Limitations & Future Work

  • Solver Frozen at Iteration Start: Stage 1 rewards depend on the frozen Solver. If the base model is weak in a domain, the Solver provides noisy rewards, potentially misguiding the Thinker.
  • Diminishing Returns on Larger Models: Gains for 7B (+2.3%) are much smaller than 3B (+5.7%), and 7B nearly plateaus on MathVision and ChemBench. Its effectiveness on even larger models remains unproven.
  • Heavy Reliance on External SOTA Models: Knowledge completion uses Gemini-2.5-Flash, evaluation uses Gemini-3.0-Flash, and synthesis relies on SOTA LVLMs. True "self-evolution" without external distillation is not yet achieved.
  • Pipeline Complexity: Dual decoupling + two stages + curriculum iterations + DAPO-style clipping leads to high engineering complexity and many hyperparameters, making reproduction difficult.
  • vs Vision-R1 / OpenVLThinker: These follow the "synthetic CoT cold start + GRPO solving" paradigm. DoGe argues this ignores context and leads to reward hacking, opting for learn-context-then-solve. DoGe-7B outperforms Vision-R1-7B on average (53.2 vs 51.7), though Vision-R1 is stronger in specific math benchmarks.

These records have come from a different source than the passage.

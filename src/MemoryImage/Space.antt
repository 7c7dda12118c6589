-- ===== src/MemoryImage/Space.antt =====
-- `AccessOk` below the end of the address space, and across it.
use native.Mathlib.Nat.{mod-eq_of_lt}
use reil.Base.{
  ℕ, ◌+◌, ◌<◌, ◌≤◌, ◌^◌, ◌≡◌, refl, ◌∙◌, ap, ap₂, Bool, true, false, not, ◌&&◌, ◌||◌, List, [], ◌∷◌,
  leb, length, arith,
}
use reil.MemoryImage.{Mapping, MemoryImage, contains, access_ok, readable}
use reil.MemoryImage.Access.{any_contains, all_grant, grants, access_ok-grants}

-- The mapping's bytes include the whole range.
abbrev pub covers : Mapping → ℕ → ℕ → Bool
covers m address size = leb m.address address && leb (address + size) (m.address + length m.bytes)

abbrev pub any_covers : ℕ → ℕ → List Mapping → Bool
any_covers address size [] = false
any_covers address size (m ∷ ms) = covers m address size || any_covers address size ms

-- Every mapping that includes the range grants what is asked for.
abbrev pub covers_grant : ℕ → ℕ → Bool → Bool → Bool → List Mapping → Bool
covers_grant address size r w x [] = true
covers_grant address size r w x (m ∷ ms) =
    (not (covers m address size) || grants r w x m) && covers_grant address size r w x ms

-- No mapping reaches the end of the address space.
abbrev pub InSpace : List Mapping → Type 0
InSpace [] = Unit
InSpace (m ∷ ms) = (m.address + length m.bytes < 2 ^ 64) × InSpace ms

contains-covers :
    (m : Mapping) (address size : ℕ)
    → address + size < 2 ^ 64
    → m.address + length m.bytes < 2 ^ 64
    → contains m address size ≡ covers m address size
unfolding contains
contains-covers m address size fits inside = rw (mod-eq_of_lt fits, mod-eq_of_lt inside) refl

any_contains-covers :
    (address size : ℕ) (ms : List Mapping)
    → address + size < 2 ^ 64
    → InSpace ms
    → any_contains address size ms ≡ any_covers address size ms
any_contains-covers address size [] fits inside = refl
any_contains-covers address size (m ∷ ms) fits inside =
    ap₂ ◌||◌ (contains-covers m address size fits inside.0)
      (any_contains-covers address size ms fits inside.1)

all_grant-covers :
    (address size : ℕ) (r w x : Bool) (ms : List Mapping)
    → address + size < 2 ^ 64
    → InSpace ms
    → all_grant address size r w x ms ≡ covers_grant address size r w x ms
all_grant-covers address size r w x [] fits inside = refl
all_grant-covers address size r w x (m ∷ ms) fits inside =
    ap₂ ◌&&◌ (ap (λ b. not b || grants r w x m) (contains-covers m address size fits inside.0))
      (all_grant-covers address size r w x ms fits inside.1)

-- For a range and mappings below the end of the address space, `AccessOk` holds exactly when some
-- mapping includes the range and every mapping that includes it grants each kind of access that
-- is asked for.
pub access_ok-covers :
    (image : MemoryImage) (address size : ℕ) (r w x : Bool)
    → address + size < 2 ^ 64
    → InSpace image.mappings
    → access_ok image address size r w x
      ≡ any_covers address size image.mappings && covers_grant address size r w x image.mappings
access_ok-covers image address size r w x fits inside =
    access_ok-grants image address size r w x
    ∙ ap₂ ◌&&◌ (any_contains-covers address size image.mappings fits inside)
        (all_grant-covers address size r w x image.mappings fits inside)

-- A range that starts in the only mapping, a readable one, and runs past the end of the address
-- space counts as readable.
pub readable_past_space :
    (image : MemoryImage) (m : Mapping) (address size : ℕ)
    → image.mappings ≡ m ∷ []
    → m.readable ≡ true
    → m.address ≤ address
    → address < m.address + length m.bytes
    → m.address + length m.bytes < 2 ^ 64
    → size < 2 ^ 64
    → 2 ^ 64 ≤ address + size
    → readable image address size ≡ true
unfolding readable contains
readable_past_space image m address size only granted from inside space small past =
    access_ok-grants image address size true false false ∙ rw only (ground arith)
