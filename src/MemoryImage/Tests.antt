-- ===== src/MemoryImage/Tests.antt =====
-- An image of one mapping, and the theorems on images at it.
use reil.Base.{◌-◌, ◌^◌, ◌≡◌, refl, true, false, ◌∷◌, [], arith}
use reil.MemoryImage.{readable, Mapping, MemoryImage, access_ok, executable, read, add_mapping}
use reil.MemoryImage.Space.{access_ok-covers, readable_past_space}
use reil.MemoryImage.Access.{read-add_mapping, executable_past_end}

abbrev code : Mapping
code = record {
  address = 4096;
  bytes = 0x1f ∷ 0x20 ∷ 0x03 ∷ 0xd5 ∷ [];
  readable = true;
  writable = false;
  executable = true;
}

abbrev image : MemoryImage
image = record { mappings = code ∷ []; architecture_name = "aarch64" }

access_ok-covers_example : access_ok image 4096 4 true false true ≡ true
access_ok-covers_example =
    access_ok-covers image 4096 4 true false true (omega arith) (omega arith, tt)

readable_past_space_example : readable image 4097 (2 ^ 64 - 1) ≡ true
readable_past_space_example =
    readable_past_space image code 4097 (2 ^ 64 - 1) refl refl (omega arith) (omega arith)
      (omega arith) (omega arith) (omega arith)

read-add_mapping_example :
    (read (add_mapping image code) 4098 ≡ 0x03 ∷ 0xd5 ∷ [])
    × (read (record image { mappings = [] }) 4098 ≡ [])
read-add_mapping_example = read-add_mapping image code 4098

executable_past_end_example : (executable image 4100 0 ≡ true) × (read image 4100 ≡ [])
executable_past_end_example = executable_past_end image code refl refl (omega arith)
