-- ===== src/Translation.antt =====
-- reil/translation.h and reil/translation.cpp: the class `Translation`, by which the translators
-- make REIL instructions. `reserve` and `ReserveInstructions` have no effect on the result.
pub mod Finalise
pub mod Methods
use reil.Base.{
  ℕ, ◌+◌, ◌*◌, ◌/◌, ◌%◌, ◌==◌, not, Bool, List, [], ◌∷◌, ◌++◌, if◌then◌else◌, u8, u16, Run, ok,
  fault, Fault, aborted,
}
use reil.Immediate.{from_value}
use reil.Immediate.Shift.{mask, sign_bit, signed_max}
use reil.Instruction.{
  Operand, Instruction, immediate, temporary, label, operand_size, jump_hint, call_hint,
  return_hint,
}
use reil.Instruction.Build

pub record Translation : Type 0 where
  pub flags : ℕ
  pub tmp_index : ℕ
  pub label_index : ℕ
  pub translation : List Instruction

-- `Translation::Translation`
abbrev pub new_translation : ℕ → Translation
new_translation flags = record { flags = flags; tmp_index = 0; label_index = 0; translation = [] }

-- A method: it changes the translation and returns a result, or aborts.
abbrev pub Method : Type 0 → Type 0
Method A = Translation → Run (A × Translation)

infixl 5 ◌>>=◌ ◌>>◌
abbrev pub ◌>>=◌ : {A B : Type 0} → Method A → (A → Method B) → Method B
m >>= next = λ t. elim (m t) [ ok (a, changed) ↦ next a changed | fault why ↦ fault why ]

abbrev pub ◌>>◌ : {B : Type 0} → Method Unit → Method B → Method B
m >> next = m >>= λ _. next

abbrev pub return : {A : Type 0} → A → Method A
return a = λ t. ok (a, t)

-- `flags_ & kPureReil`
abbrev pub pure_reil : Translation → Bool
pure_reil t = not (t.flags / 2 % 2 == 0)

-- `translation_.push_back`
unfoldable pub push : Instruction → Method Unit
push ri = λ t. ok (tt, record t { translation = t.translation ++ ri ∷ [] })

-- Most methods add an instruction and return its output.
abbrev pub emit : Instruction → Operand → Method Operand
emit ri output = push ri >> return output

unfoldable pub tmp : ℕ → Method Operand
tmp size = λ t. ok (
  temporary (record { size = size; index = t.tmp_index }),
  record t { tmp_index = u16 (t.tmp_index + 1) },
)

unfoldable pub new_label : Method Operand
new_label = λ t. ok (label t.label_index, record t { label_index = u8 (t.label_index + 1) })

-- `Imm(size, value)`
abbrev pub constant : ℕ → ℕ → Operand
constant size value = immediate (from_value size value)

unfoldable pub ite : Operand → Operand → Operand → Operand → Method Operand
ite input0 input1 input2 output = λ t.
    if pure_reil t then fault aborted else emit (Build.ite input0 input1 input2 output) output t

unfoldable pub bisz : Operand → Operand → Method Operand
bisz input0 output = λ t.
    if pure_reil t
    then emit (Build.bisz input0 output) output t
    else ite input0 (constant (operand_size output) 0) (constant (operand_size output) 1) output t

unfoldable pub bisnz : Operand → Operand → Method Operand
bisnz input0 output = λ t.
    if pure_reil t
    then (do byte ← tmp 8; zero ← bisz input0 byte; bisz zero output) t
    else ite input0 (constant (operand_size output) 1) (constant (operand_size output) 0) output t

unfoldable pub jcc_hint : Operand → Operand → Operand → Method Unit
jcc_hint input0 input1 output = λ t.
    push (if pure_reil t then Build.jcc input0 output else Build.jcc_hint input0 input1 output) t

-- The two forms of `Jump`.
unfoldable pub jump_if : Operand → Operand → Method Unit
jump_if input0 output = jcc_hint input0 (immediate jump_hint) output

unfoldable pub jump : Operand → Method Unit
jump output = jcc_hint (constant 8 1) (immediate jump_hint) output

unfoldable pub call : Operand → Method Unit
call output = jcc_hint (constant 8 1) (immediate call_hint) output

unfoldable pub returns : Operand → Method Unit
returns output = jcc_hint (constant 8 1) (immediate return_hint) output

-- `Not(input0, output)`
unfoldable pub not_into : Operand → Operand → Method Operand
not_into input0 output =
    emit (Build.xor input0 (immediate (mask (operand_size input0) (operand_size input0))) output)
      output

-- A method whose output is a new temporary: of the given size.
abbrev pub to_new : ℕ → (Operand → Method Operand) → Method Operand
to_new size m = do output ← tmp size; m output

-- The size of the results of `Add`, `Mul`, `Smul` and `Sub`.
abbrev pub double : Operand → ℕ
double a = u16 (operand_size a * 2)

-- `Add`, `Mul`, `And`, `Or` and `Div` with a new temporary, as the methods below call them.
unfoldable pub new_add : Operand → Operand → Method Operand
new_add a b = to_new (double a) (λ output. emit (Build.add a b output) output)

unfoldable pub new_mul : Operand → Operand → Method Operand
new_mul a b = to_new (double a) (λ output. emit (Build.mul a b output) output)

unfoldable pub new_and : Operand → Operand → Method Operand
new_and a b = to_new (operand_size a) (λ output. emit (Build.and a b output) output)

unfoldable pub new_or : Operand → Operand → Method Operand
new_or a b = to_new (operand_size a) (λ output. emit (Build.or a b output) output)

unfoldable pub new_not : Operand → Method Operand
new_not a = to_new (operand_size a) (not_into a)

unfoldable pub new_str : ℕ → Operand → Method Operand
new_str size a = to_new size (λ output. emit (Build.str a output) output)

-- The arguments of a call, whose order C++ leaves open, are evaluated from left to right here.
unfoldable pub smul : Operand → Operand → Operand → Method Operand
smul input0 input1 output = do
  left ← to_new (double input0) (λ o. emit (Build.sex input0 o) o)
  right ← to_new (double input0) (λ o. emit (Build.sex input1 o) o)
  product ← new_mul left right
  new_str (double input0) product

unfoldable pub signed_to_unsigned : Operand → Method (Operand × Operand)
signed_to_unsigned value = do
  let size = operand_size value
  sign ← new_and value (immediate (sign_bit size size))
  negative ← to_new size (bisnz sign)
  complement ← new_not value
  sum ← new_add complement (constant size 1)
  opposite ← new_str size sum
  negated ← new_mul negative opposite
  negative_value ← new_str size negated
  positive ← to_new size (bisz sign)
  magnitude ← new_and value (immediate (signed_max size size))
  kept ← new_mul positive magnitude
  positive_value ← new_str size kept
  result ← new_or negative_value positive_value
  return (result, negative)

unfoldable pub unsigned_to_signed : Operand → Operand → Method Operand
unsigned_to_signed value sign = do
  let size = operand_size value
  positive ← to_new size (bisz sign)
  magnitude ← new_and value (immediate (signed_max size size))
  complement ← new_not value
  sum ← new_add complement (constant size 1)
  opposite ← new_str size sum
  negated ← new_mul sign opposite
  negative_value ← new_str size negated
  kept ← new_mul positive magnitude
  positive_value ← new_str size kept
  to_new size (λ output. emit (Build.or negative_value positive_value output) output)

unfoldable pub sdiv : Operand → Operand → Operand → Method Operand
sdiv input0 input1 output = do
  let size = operand_size input0
  left ← signed_to_unsigned input0
  right ← signed_to_unsigned input1
  quotient ← to_new size (λ o. emit (Build.div left.0 right.0 o) o)
  sign ← to_new size (λ o. emit (Build.xor left.1 right.1 o) o)
  result ← unsigned_to_signed quotient sign
  emit (Build.str result output) output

  • vs Vision-SR1 (Self-Reward RL): Self-reward often focuses on visual perception; DoGe's Solver-pass-rate is directly anchored to downstream reasoning correctness.
  • vs Training-Free GRPO: The latter moves learning to the context space using external experience; DoGe remains in the parameter-update school but shares the emphasis on the value of context.

Rating

  • Novelty: ⭐⭐⭐⭐ "Context-first + dual decoupling" identifies the root of reward hacking as the "neglected prompt context." Problem masking + Solver-as-reward is highly innovative.

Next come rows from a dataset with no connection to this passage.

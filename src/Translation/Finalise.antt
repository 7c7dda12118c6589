-- ===== src/Translation/Finalise.antt =====
-- `Translation::Finalise`: labels become offsets.
pub mod Forward
pub mod Whole
pub mod Reference
pub mod Execute
mod Tests
use reil.Base.{
  ℕ, zero, suc, ◌-◌, ◌==◌, not, ◌&&◌, true, false, if◌then◌else◌, Bool, Option, some, none, List,
  [], ◌∷◌, length, get_elem?, u16, Run, ok, fault, Fault, out_of_fuel,
}
use reil.Instruction.{Opcode, Operand, Instruction, label, offset}
use reil.Translation.{Translation}

abbrev pub is_nop : Opcode → Bool
is_nop Opcode.nop = true
is_nop _ = false

abbrev pub is_jcc : Opcode → Bool
is_jcc Opcode.jcc = true
is_jcc _ = false

-- The label of an operand.
abbrev pub label_of : Operand → Option ℕ
label_of (label index) = some index
label_of _ = none

-- The label of a `Nop` that marks a place.
abbrev pub placed_label : Instruction → Option ℕ
placed_label ri = if is_nop ri.opcode then label_of ri.input0 else none

-- Whether the instruction is a jump to the label.
abbrev pub jumps_to : ℕ → Instruction → Bool
jumps_to index rj =
    is_jcc rj.opcode && elim (label_of rj.output) [ some l ↦ index == l | none ↦ false ]

-- The body of the inner loop: a jump to the label goes to the offset.
unfoldable pub resolve_one : ℕ → ℕ → Instruction → Instruction
resolve_one index i rj = if jumps_to index rj then record rj { output = offset (u16 i) } else rj

-- The inner loop.
unfoldable pub resolve : ℕ → ℕ → List Instruction → List Instruction
resolve index i [] = []
resolve index i (rj ∷ rest) = resolve_one index i rj ∷ resolve index i rest

-- `translation_.erase(translation_.begin() + i)`
unfoldable pub erase_at : ℕ → List Instruction → List Instruction
erase_at i [] = []
erase_at zero (ri ∷ rest) = rest
erase_at (suc i) (ri ∷ rest) = ri ∷ erase_at i rest

-- The body of the outer loop, at the instruction `ri` with the index `i`.
unfoldable pub place : ℕ → Instruction → List Instruction → List Instruction
place i ri instructions = elim (placed_label ri) [
  | none ↦ instructions
  | some index ↦
      if not (i == length instructions - 1)
      then erase_at i (resolve index i instructions)
      else resolve index i instructions
]

-- The outer loop, which has a round for each instruction at most.
unfoldable pub finalise_from : ℕ → ℕ → List Instruction → Run (List Instruction)
finalise_from zero i instructions = elim (get_elem? instructions i) [
  | none ↦ ok instructions
  | some _ ↦ fault out_of_fuel
]
finalise_from (suc fuel) i instructions = elim (get_elem? instructions i) [
  | none ↦ ok instructions
  | some ri ↦ finalise_from fuel (suc i) (place i ri instructions)
]

-- `Finalise`
unfoldable pub finalise : Translation → Run (List Instruction)
finalise t = finalise_from (length t.translation) 0 t.translation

  • Experimental Thoroughness: ⭐⭐⭐⭐ 7 benchmarks, dual scales, 3 iterations + entropy analysis; however, lacks comparison with more self-evolution SOTAs on 7B.
  • Writing Quality: ⭐⭐⭐ Clear cognitive narrative, but small flaws in formula numbering and some evaluator names likely contain typos.
  • Value: ⭐⭐⭐⭐ Provides an actionable, anti-collapse training paradigm for VLM self-evolution in data-scarce domains.